Thursday, July 11, 2013

Ashes 2013: Ashton Agar's astonishing innings at No11 rescues Australia


Only two days in and already this series has contained enough drama, twists and turns for HBO to have commissioned it for a box set. If Wednesday brought mayhem under gloomy skies as the bowlers ran riot, the second sunlit day provided a cricket story of a kind unmatched as long as Tests have been played.
Barely 24 hours previously Ashton Agar, a teenager not even included among Australian pen portraits in the match programme, had been one of the longest shots ever to be selected for an Ashes Test as he was presented with his cap by Glenn McGrath. That status has changed somewhat: from anonymity he finds himself one of the most celebrated of Australians. How swiftly can such things happen.

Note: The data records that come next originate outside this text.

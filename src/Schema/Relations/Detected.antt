-- ===== src/Schema/Relations/Detected.antt =====
-- The foreign keys that detection finds.
use dirbase.Prelude.{
  String, Bool, true, false, Option, none, some, List, [], ◌∷◌, ◌≡◌, ◌≢◌, refl, subst, All,
  Bool-cases, inl, inr, str_eq, eq_iff, if◌then◌else◌, and_then,
}
use mathlib.Core.Option.{some-injective}
use dirbase.BTreeMap
use dirbase.BTreeMap.{BTreeMap, get-insert, HasDistinctKeys, get-All}
use dirbase.Error.{ok}
use dirbase.Runtime.{Runtime}
use dirbase.Text.{strip_suffix}
use dirbase.Schema.Types.{ForeignKey, ColumnSchema, TableSchema, is_compatible_with}
use dirbase.Schema.Relations.{
  contains_name, detect_foreign_key, insert_some, detect_columns, detect_of_table,
  detect_foreign_keys,
}
use dirbase.Schema.Validation.{validate_foreign_key}

and_then-some {ℓ κ} :
    {A : Type ℓ} {B : Type κ} (o : Option A) (f : A → Option B) {b : B}
    → and_then o f ≡ some b
    → (a : A) × (o ≡ some a) × (f a ≡ some b)
and_then-some none f h = cc
and_then-some (some a) f h = (a, refl, h)

unless-some {ℓ} :
    {A : Type ℓ} (b : Bool) (o : Option A) {a : A}
    → (if b then none else o) ≡ some a
    → (b ≡ false) × (o ≡ some a)
unless-some true o h = cc
unless-some false o h = (refl, h)

when-some {ℓ} :
    {A : Type ℓ} (b : Bool) (o : Option A) {a : A}
    → (if b then o else none) ≡ some a
    → (b ≡ true) × (o ≡ some a)
when-some true o h = (refl, h)
when-some false o h = cc

module _ ⦃rt : Runtime⦄ (source : String) (tables : BTreeMap TableSchema)
    (aliases : BTreeMap String) (skip_columns : List String) (table : TableSchema) where
  -- A column of the table that is not skipped refers to the primary key of another table, whose type
  -- agrees with the column's.
  pub record Refers (column_name : String) (fk : ForeignKey) : Type 0 where
    pub column : ColumnSchema
    pub target : TableSchema
    pub target_column : ColumnSchema
    pub is_column : BTreeMap.get table.columns column_name ≡ some column
    pub not_skipped : contains_name skip_columns column_name ≡ false
    pub other : str_eq fk.target_table source ≡ false
    pub is_target : BTreeMap.get tables fk.target_table ≡ some target
    pub is_key : target.primary_key ≡ some fk.target_column
    pub is_target_column : BTreeMap.get target.columns fk.target_column ≡ some target_column
    pub compatible : is_compatible_with column.column_type target_column.column_type ≡ true

  detect_foreign_key-Refers :
      (column_name : String) (column : ColumnSchema) (fk : ForeignKey)
      → BTreeMap.get table.columns column_name ≡ some column
      → detect_foreign_key source tables aliases skip_columns column_name column ≡ some fk
      → Refers column_name fk
  unfolding detect_foreign_key
  detect_foreign_key-Refers column_name column fk is_column h =
      let (kept, h1) = unless-some (contains_name skip_columns column_name) _ h in
      let (prefix, is_prefix, h2) = and_then-some (strip_suffix "_id" column_name) _ h1 in
      let (name, is_name, h3) = and_then-some (BTreeMap.get aliases prefix) _ h2 in
      let (other, h4) = unless-some (str_eq name source) _ h3 in
      let (target, is_target, h5) = and_then-some (BTreeMap.get tables name) _ h4 in
      let (key, is_key, h6) = and_then-some target.primary_key _ h5 in
      let (target_column, is_target_column, h7) =
        and_then-some (BTreeMap.get target.columns key) _ h6 in
      let (compatible, h8) = when-some _ _ h7 in
      subst (Refers column_name) (some-injective _ _ h8) (record {
        column = column;
        target = target;
        target_column = target_column;
        is_column = is_column;
        not_skipped = kept;
        other = other;
        is_target = is_target;
        is_key = is_key;
        is_target_column = is_target_column;
        compatible = compatible;
      })

  abbrev AllRefer : BTreeMap ForeignKey → Type 0
  AllRefer fks = (j : String) (fk : ForeignKey) → BTreeMap.get fks j ≡ some fk → Refers j fk

  insert_some-AllRefer :
      (fks : BTreeMap ForeignKey) (name : String) (o : Option ForeignKey)
      → AllRefer fks
      → ((fk : ForeignKey) → o ≡ some fk → Refers name fk)
      → AllRefer (insert_some fks name o)
  unfolding insert_some
  insert_some-AllRefer fks name none before here j fk h = before j fk h
  insert_some-AllRefer fks name (some new) before here j fk h = elim (Bool-cases (str_eq name j)) [
    | inl same ↦
        subst (λ n. Refers n fk) ((eq_iff name j).0 same) (here fk (rw (get-insert, same) at h))
    | inr other ↦ before j fk (rw (get-insert, other) at h)
  ]

  detect_columns-AllRefer :
      (columns : BTreeMap ColumnSchema) (fks : BTreeMap ForeignKey)
      → All (λ entry. BTreeMap.get table.columns entry.0 ≡ some entry.1) columns
      → AllRefer fks
      → AllRefer (detect_columns source tables aliases skip_columns columns fks)
  unfolding detect_columns
  detect_columns-AllRefer [] fks h before = before
  detect_columns-AllRefer ((name, column) ∷ columns) fks h before =
      detect_columns-AllRefer columns _ h.1 (
        insert_some-AllRefer fks name _ before (λ fk. detect_foreign_key-Refers name column fk h.0))

  -- In a table without a repeated column name every foreign key that is detected is one of its
  -- columns, not skipped, that refers to the primary key of another table with a compatible type.
  pub detect_foreign_keys-Refers :
      HasDistinctKeys table.columns
      → BTreeMap.get tables source ≡ some table
      → (j : String) (fk : ForeignKey)
      → BTreeMap.get (detect_foreign_keys source tables aliases skip_columns) j ≡ some fk
      → Refers j fk
  unfolding detect_foreign_keys detect_of_table BTreeMap.get
  detect_foreign_keys-Refers distinct is_table j fk h =
      detect_columns-AllRefer table.columns [] (get-All table.columns distinct)
        (λ i k e. absurd (none-ne-some e)) j fk (rw is_table at h)
    where
      none-ne-some : {k : ForeignKey} → ◌≢◌ {A = Option ForeignKey} none (some k)
      none-ne-some e = cc

  -- In a table without a repeated column name every foreign key that is detected passes the
  -- foreign-key check of the effective schema.
  pub detect_foreign_keys-valid :
      HasDistinctKeys table.columns
      → BTreeMap.get tables source ≡ some table
      → (j : String) (fk : ForeignKey)
      → BTreeMap.get (detect_foreign_keys source tables aliases skip_columns) j ≡ some fk
      → validate_foreign_key tables source table j fk ≡ ok tt
  unfolding validate_foreign_key
  detect_foreign_keys-valid distinct is_table j fk h =
      let r = detect_foreign_keys-Refers distinct is_table j fk h in
      rw (r.is_column, r.is_target, r.is_target_column, r.compatible) refl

A few minutes before midday Agar found himself as the last man walking to the crease with his side having lost five wickets for nine runs in 31 balls to a rampant Jimmy Anderson and Graeme Swann. At 117 for nine they were facing not just a considerable first-innings deficit but, with the prospect of a wearing pitch and good weather, defeat in the first Test.
Two hours and 14 minutes later he pulled a Stuart Broad bouncer to deep midwicket to be caught by Swann and thus deny himself, by two paltry runs, the feat, barely credible, of an Ashes hundred, in his debut innings and batting at No11. England know about such things: a little more than a year ago at Edgbaston they were reduced to open-mouthed astonishment as Tino Best, a genuine tailender, made 95 and added 143 for the last wicket with Dinesh Ramdin. It had been the highest score ever by a Test tail-end Charlie.
Agar surpassed that and, in the company of Phil Hughes who played an intelligent, understated sidekick to the younger man's ebullience, they obliterated by a dozen runs the previous record of 151 for the last wicket.
Agar had been uplifting, a lad just having fun, living the dream with not a care in the world. He drove and pulled. He belted Swann for six and then did it again for a second to go with a dozen fours.
There was a late-cut to bring the scores level so delicate he might have been patting a baby's head. He even flamingoed the magnificent Anderson through midwicket in a manner that would have brought a smile to the lips of its master, Kevin Pietersen. And as Swann took his tumbling catch, there was not a person in the ground who would have begrudged him a hundred. Agar instead just grinned endearingly.
The pair had transformed the match. They left England not with the lead they expected and without question assumed but instead 65 runs behind and by such things are sagging spirits lifted. The England bowling, so compelling while Anderson was reverse-swinging his way to five wickets, was reduced to rubble as Agar gallivanted along at a run a ball.
In mid-afternoon, in the afterglow, their Australian counterparts, so errant with the new ball in the first innings, came at England hard. Joe Root was given out caught behind for five, having feathered Mitchell Starc down the leg side, and next ball Jonathan Trott, with one full and swinging in, was caught in front.
Starc and his compatriots roared their appeal with thunderous vehemence but Aleem Dar was unmoved. Trott indicated firmly to Alastair Cook that he had managed the thinnest of edges. But Michael Clarke called for a review and, to general amazement and Dar's evident chagrin, the third umpire, Marais Erasmus, overturned the decision. Given that the square-on Hot Spot, one of the main technological arbiters for such things, was not operational for a technical reason, that Snicko (which later appeared to confirm a thin edge) is not available and that the slow-motion replay seemed to show a deviation from the bat to pad, it is hard to see, given that the protocol says there has to be conclusive evidence to overturn such a decision, why Erasmus acted as he did. By the same token, had Dar given Trott out and the batsman reviewed, that decision would also have stood.
England's wish to get clarification from the ICC is understandable. Nor was it the first error of judgment of the day from Erasmus. When Agar had made six, and the deficit was still 84, Swann's off-break turned past him, and, as he dragged his left foot forwards, Matt Prior whipped off the bails. It was a tight call, which no umpire would have given out with the naked eye, and Erasmus took an age in his assessment. But replays showed that at the moment the bails were dislodged Agar's foot was no further back than the line of the crease. And that means he was out.
It took Cook (37 not out) and Pietersen (35 not out) to bat England through the final session without further mishap, adding 69 for the third wicket so that they will resume on 80 for two, a lead of 15. To win the match England might need another 240: to be comfortable 300 more. It will be no easy task for, while the pitch does promise to become awkward, the game has moved at an alarming rate so that there is two days' wear only. Australia still hold the upper hand.
The day's first hour was extraordinary as Anderson, unable to find the orthodox swing of the previous day, reverted to reverse, removing Steve Smith first of all for 53 excellent runs and then running amok by adding Peter Siddle and Starc, not a rabbit among them, in short order while Swann turned one through Brad Haddin's gate and trapped James Pattinson leg-before.